Tuesday, June 16, 2009

“Be still, and know that I am GOD.” (Ps 46:10)

I have an extreme personality. I am all or NOTHING. Many people would call me INTENSE or extravagant.

I am really great at DOING, but the hardest thing for me to DO is to be STILL.

So I keep my schedule packed and just continue to push through because the week is almost over or I only have one more month until break. I tend to keep my thoughts on the future and not the present. Then God sent me to UGANDA, where everything is “okay please.”

I was really struggling because I felt useless just hanging out in the wards not doing anything, so the personality type that I am, I sought out a job where I would be busy! I was practically begging someone to put me to work. I was sent to do paper work where, after completing the job, I was told to RELAX. I was told that I did not have to keep working that I should just sit and be still.

…And then He said to me,
“Be still, and know that I am GOD.” (Ps 46:10)

Yes I know you are God, but WHY do I have to be still? I think He brought me here so that He could free me from my bondage just as He freed the Israelites from Egypt.

There is no quick fix; I cannot simply undo who I am. I cannot simply rest and relax; there is a REASON why I keep myself busy, and a reason why I need to drink coffee ALL day long! I go, go, and go all the time and so I am exhausted. I am missing out on the good things that God has given me TODAY because my mind is already on TOMORROW. While I race around controlling my life by making lists and checking them off, I am missing out on “Life that is truly life.” (1Ti 6:19)

Being still means that I have to deal. Deal with feelings and emotions that I have so desperately tried to ignore. I desire to live a life of reckless abandonment to the Lord, but I have been hiding my pain and holding onto an idea. This idea of keeping myself busy enough not to feel has normally kept my feelings in the dark until NOW.
I could never wholly give my heart to the Lord, because I never really knew what was keeping me from Him. I could not discern His voice in all my CHAOS. I was my own worst enemy; I was a slave to my own suffering. My sorrows were such a disappointment that they were actually a BURDEN, that Jesus wanted to carry. Christ wanted Lordship over my life, He wanted my whole heart, but I still wanted my Dad.

A little girl longs to be in her father’s arms, because it is in that place that she can truly rest.

I have never loved anything or anyone the way I loved my Father. He was my comforter, protector, and my friend. I trusted him to protect me and keep me out of harm’s way. So when he led my five-year-old self to the back yard and told me I could keep the garden snake he found, I trusted that this snake would not harm me.

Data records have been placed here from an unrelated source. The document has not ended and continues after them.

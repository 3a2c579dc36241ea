-- ===== src/Article/Pieces.antt =====
-- What is left of a text without the characters of a test, and trimmed pieces.
use calligraphy.Base.{
  ℕ, ◌≡◌, refl, sym, ap, ◌∙◌, inl, inr, List, [], ◌∷◌, ◌++◌, Bool, false, not, ◌&&◌, if◌then◌else◌,
  filter, Bool-cases, append_nil, append_assoc, arith,
}
use calligraphy.Article.Text.{Runes, is_empty, trim_left, trim_right, trim}

pub flatten {ℓ} : {A : Type ℓ} → List (List A) → List A
flatten [] = []
flatten (x ∷ xs) = x ++ flatten xs

pub flatten-append {ℓ} :
    {A : Type ℓ} (xs ys : List (List A)) → flatten (xs ++ ys) ≡ flatten xs ++ flatten ys
unfolding flatten
flatten-append [] ys = refl
flatten-append (x ∷ xs) ys =
    ap (λ t. x ++ t) (flatten-append xs ys) ∙ sym (append_assoc x (flatten xs) (flatten ys))

pub flatten-nil {ℓ} : {A : Type ℓ} → flatten {A = A} [] ≡ []
unfolding flatten
flatten-nil = refl

pub flatten_one {ℓ} : {A : Type ℓ} (x : List A) → flatten (x ∷ []) ≡ x
unfolding flatten
flatten_one x = append_nil x

-- The text without what passes the test.
pub without : (ℕ → Bool) → Runes → Runes
without p cs = filter (λ c. not (p c)) cs

module _ (p : ℕ → Bool) where
  pub without-nil : without p [] ≡ []
  unfolding without
  without-nil = refl

  pub without-cons :
      (c : ℕ) (cs : Runes) → without p (c ∷ cs) ≡ (if p c then without p cs else c ∷ without p cs)
  unfolding without
  without-cons c cs = ground arith

  pub without-append : (xs ys : Runes) → without p (xs ++ ys) ≡ without p xs ++ without p ys
  unfolding without
  without-append [] ys = refl
  without-append (x ∷ xs) ys = grind (arith, without-append xs ys)

  -- One character more at the end.
  pub without_snoc :
      (cs : Runes) (c : ℕ) → without p (cs ++ c ∷ []) ≡ without p cs ++ (if p c then [] else c ∷ [])
  without_snoc cs c = grind (arith, without-append cs (c ∷ []), without-cons c [], without-nil)

  without-trim_left : (cs : Runes) → without p (trim_left p cs) ≡ without p cs
  unfolding without trim_left
  without-trim_left [] = refl
  without-trim_left (c ∷ cs) = grind (arith, without-trim_left cs)

  pub without-trim_right : (cs : Runes) → without p (trim_right p cs) ≡ without p cs
  unfolding without trim_right
  without-trim_right [] = refl
  without-trim_right (c ∷ cs) = grind (arith, without-trim_right cs)

  pub without-trim : (cs : Runes) → without p (trim p cs) ≡ without p cs
  unfolding trim
  without-trim cs = without-trim_right (trim_left p cs) ∙ without-trim_left cs

  abbrev pub StartsClear : Runes → Type 0
  StartsClear [] = Unit {0}
  StartsClear (c ∷ cs) = p c ≡ false

  abbrev pub EndsClear : Runes → Type 0
  EndsClear [] = Unit {0}
  EndsClear (c ∷ []) = p c ≡ false
  EndsClear (c ∷ d ∷ cs) = EndsClear (d ∷ cs)

  trim_left-StartsClear : (cs : Runes) → StartsClear (trim_left p cs)
  unfolding trim_left
  trim_left-StartsClear [] = tt
  trim_left-StartsClear (c ∷ cs) = elim (Bool-cases (p c)) [
    | inl e ↦ rw e (trim_left-StartsClear cs)
    | inr e ↦ rw e e
  ]

  kept_last :
      (c : ℕ) (rest : Runes)
      → EndsClear rest
      → EndsClear (if is_empty rest && p c then [] else c ∷ rest)
  kept_last c [] h = elim (Bool-cases (p c)) [ inl e ↦ rw e tt | inr e ↦ rw e e ]
  kept_last c (d ∷ cs) h = h

  pub trim_right-EndsClear : (cs : Runes) → EndsClear (trim_right p cs)
  unfolding trim_right
  trim_right-EndsClear [] = tt
  trim_right-EndsClear (c ∷ cs) = kept_last c (trim_right p cs) (trim_right-EndsClear cs)

  kept_first :
      (c : ℕ) (rest : Runes)
      → p c ≡ false
      → StartsClear (if is_empty rest && p c then [] else c ∷ rest)
  kept_first c [] h = rw h h
  kept_first c (d ∷ cs) h = h

  trim_right-StartsClear : (cs : Runes) → StartsClear cs → StartsClear (trim_right p cs)
  unfolding trim_right
  trim_right-StartsClear [] h = tt
  trim_right-StartsClear (c ∷ cs) h = kept_first c (trim_right p cs) h

  pub trim_right_clear :
      (c : ℕ) (cs : Runes) → p c ≡ false → trim_right p (c ∷ cs) ≡ c ∷ trim_right p cs
  unfolding trim_right
  trim_right_clear c cs h = ground arith

  pub StartsClear-snoc :
      (cs : Runes) (c : ℕ)
      → StartsClear cs
      → is_empty cs && p c ≡ false
      → StartsClear (cs ++ c ∷ [])
  StartsClear-snoc [] c h e = e
  StartsClear-snoc (d ∷ cs) c h e = h

  pub trim_ends : (cs : Runes) → StartsClear (trim p cs) × EndsClear (trim p cs)
  unfolding trim
  trim_ends cs = (
    trim_right-StartsClear (trim_left p cs) (trim_left-StartsClear cs),
    trim_right-EndsClear (trim_left p cs),
  )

I loved that he cared so tenderly for God’s creatures, and I loved that he wanted to share the experience with me. Catching grasshoppers in our rose garden, rescuing a mole from our swimming pool, or the time he actually gave mouth to mouth when my cat gave birth to a dead kitten. I loved that every Saturday was Kid’s Day. I loved how helpless yet safe I felt in his arms as he threw me across the pool. I loved that I was his Precious, and that I was precious enough to go to work with him. I loved to dance with my toes on his toes and my hands in his hands.

Which is why I hate that when he got sick with CANCER, he never told me. I was angry, because the only man I ever loved broke my heart and left me the day he died. So in my mind I could never fully give my heart to the Lord, because I never really realized that my heart was broken over my Dad. So I kept myself busy for 13 years and NOW I can finally rest.

I KNOW that my Dad was just trying to protect me by not telling me, but it STILL hurt. I was angry, and God wanted me to forgive him just as Jesus forgave me. I had to make “restitution in full” (Lev 6:5). So that I could fully accept and understand the atonement Jesus made.

“The Lord your God is with you, He is mighty to save. He will take great delight in you, He will quiet you with his love, He will rejoice over you with singing.
The sorrows for the appointed feasts I will remove from you; they are a burden and a reproach to you.” (Zep 3:17-18)

God had to pull me into the desert so that I could be vulnerable enough to rely solely on Him. I NEED His daily bread, and daily it shall be! I am tired of running 100 miles an hour in front of where I actually need to be, and right now I need to be in the “pearl of Africa” (Winston Churchill), in Uganda, learning that no matter how BIG the issue of poverty, oppression, death, disease, and famine, there is no need to be anxious or worry because God is in control, so “Be still, and know that I am GOD.” (Ps 46:10)

I admire the Ugandan’s faith in the LORD as their provider and comforter.
My prayer is that I may learn how to relax in the LORD for all my needs. My prayer is that I may learn how to slow down and listen to His commands for my life. My prayer is that I may learn not to be a victim to the SYMPTOMS I perpetuate in order to maintain control: that I will live a life of reckless abandonment!

Alleluia! AMEN!

1 comment:

  1. Lisa, thank you for this. This is such a beautiful reflection.

    I'm praying for you over here every day.